§ **WHAT IS EXPECTED**: Look through the records below, and whenever a line contains "Type", copy it.

(Saved data entries)
********

-- ===== src/Socks5.antt =====
-- server/socks5.c and include/socks5_internal.h: the data of a SOCKS5 connection. A file descriptor
-- that is -1 is `none`. The heap pointers are what they point to: the candidates of `next_addr` are
-- the list of addresses from that element on.
pub mod Os
pub mod Close
pub mod Access
pub mod Phases
pub mod Connect
pub mod Relay
pub mod Sends
pub mod Flush
pub mod Arming
pub mod Forward
pub mod Moved
pub mod Halved
pub mod Delivery
pub mod Arrivals
pub mod Run
pub mod Machine
pub mod Fire
pub mod Feeding
pub mod Parsing
pub mod Holds
pub mod Closing
pub mod Replying
pub mod Connecting
pub mod Candidates
pub mod Handshake
pub mod Negotiating
pub mod Authenticating
pub mod Requesting
pub mod Writing
pub mod Writes
pub mod Relaying
pub mod Ending
pub mod Life
pub mod Course
pub mod Events
pub mod Advance
pub mod Serving
pub mod Served
pub mod Accepted
mod Tests
pub mod Admitting
pub mod Expiring
pub mod Sweeping
pub mod Reaper
pub mod Accept
use protos_tpe.Prelude.{ℕ, Bool, true, false, Option, List, ◌==◌, ◌&&◌, not}
use protos_tpe.Buffer.{Buffer}
use protos_tpe.Negotiation
use protos_tpe.Auth
use protos_tpe.Request
use protos_tpe.Request.{SockAddr}
use protos_tpe.Users.{Users}
use protos_tpe.Config.{Config}
use protos_tpe.Metrics.{Metrics}
use protos_tpe.Selector.{Interest}

-- `enum socks5_state`; the last two are DONE and ERROR.
pub data State : Type 0 where
  neg_read neg_write auth_read auth_write req_read req_resolve req_connecting req_write relay
        finished failed :
      State

-- The numbers of the states.
abbrev pub code : State → ℕ
code neg_read = 0
code neg_write = 1
code auth_read = 2
code auth_write = 3
code req_read = 4
code req_resolve = 5
code req_connecting = 6
code req_write = 7
code relay = 8
code finished = 9
code failed = 10

-- The errors of `connect` that the replies tell apart.
pub data Errno : Type 0 where
  econnrefused enetunreach ehostunreach etimedout other_errno : Errno

abbrev pub noop : Interest
noop = record { op_read = false; op_write = false }

abbrev pub reading : Interest
reading = record { op_read = true; op_write = false }

abbrev pub writing : Interest
writing = record { op_read = false; op_write = true }

-- `struct socks5_conn` without its state machine. `job` is `resolver_job != NULL`, `job_completed`
-- the flag of that job; `freed` is set by `free(c)`.
-- `parsed` is no field of the code: it is the bytes that the parsers have taken from the read buffer.
pub record Conn : Type 0 where
  pub neg : Negotiation.Parser
  pub auth : Auth.Parser
  pub request : Request.Parser
  pub method : ℕ
  pub auth_status : ℕ
  pub client_fd : Option ℕ
  pub origin_fd : Option ℕ
  pub references : ℕ
  pub last_activity : ℕ
  pub resolution : Option (List SockAddr)
  pub next_addr : List SockAddr
  pub last_errno : Errno
  pub job : Bool
  pub job_completed : Bool
  pub resolver_done : Bool
  pub connected : Bool
  pub client_closed : Bool
  pub origin_closed : Bool
  pub client_wr_shut : Bool
  pub origin_wr_shut : Bool
  pub client_interest : Interest
  pub origin_interest : Interest
  pub active_counted : Bool
  pub arrival_error : Bool
  pub freed : Bool
  pub parsed : List ℕ
  pub read_buffer : Buffer
  pub write_buffer : Buffer

-- A line of the access log: user, destination, result.
pub record AccessEntry : Type 0 where
  pub user : List ℕ
  pub dst : List ℕ
  pub result : List ℕ

-- The variables of the file that main() injects; `none` is NULL.
pub record Server : Type 0 where
  pub users_store : Option Users
  pub config : Option Config
  pub metrics : Option Metrics
  pub access_log : Option (List AccessEntry)

-- What has gone through the sockets, and what the selector is armed for; `calls` counts the calls of
-- the system.
pub record Net : Type 0 where
  pub calls : ℕ
  pub from_client : List ℕ
  pub from_origin : List ℕ
  pub to_client : List ℕ
  pub to_origin : List ℕ
  pub client_armed : Interest
  pub origin_armed : Interest
  pub client_half_closed : Bool
  pub origin_half_closed : Bool

-- `struct selector_key`: the descriptor of the event and the connection, with all that the handlers
-- change.
pub record Key : Type 0 where
  pub fd : ℕ
  pub conn : Conn
  pub net : Net
  pub server : Server

abbrev pub same_fd : ℕ → Option ℕ → Bool
same_fd fd Option.none = false
same_fd fd (Option.some other) = fd == other

-- `key->fd == c->client_fd`
abbrev pub is_client : Key → Bool
is_client k = same_fd k.fd k.conn.client_fd

abbrev pub no_fd : Option ℕ → Bool
no_fd Option.none = true
no_fd (Option.some _) = false

-- Equality of `fd_interest` values.
abbrev pub bool_eq : Bool → Bool → Bool
bool_eq true b = b
bool_eq false b = not b

abbrev pub interest_eq : Interest → Interest → Bool
interest_eq i j = bool_eq i.op_read j.op_read && bool_eq i.op_write j.op_write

********

§ **RESULT BELOW**:
pub data State : Type 0 where
pub data Errno : Type 0 where
pub record Conn : Type 0 where
pub record AccessEntry : Type 0 where
pub record Server : Type 0 where
pub record Net : Type 0 where
pub record Key : Type 0 where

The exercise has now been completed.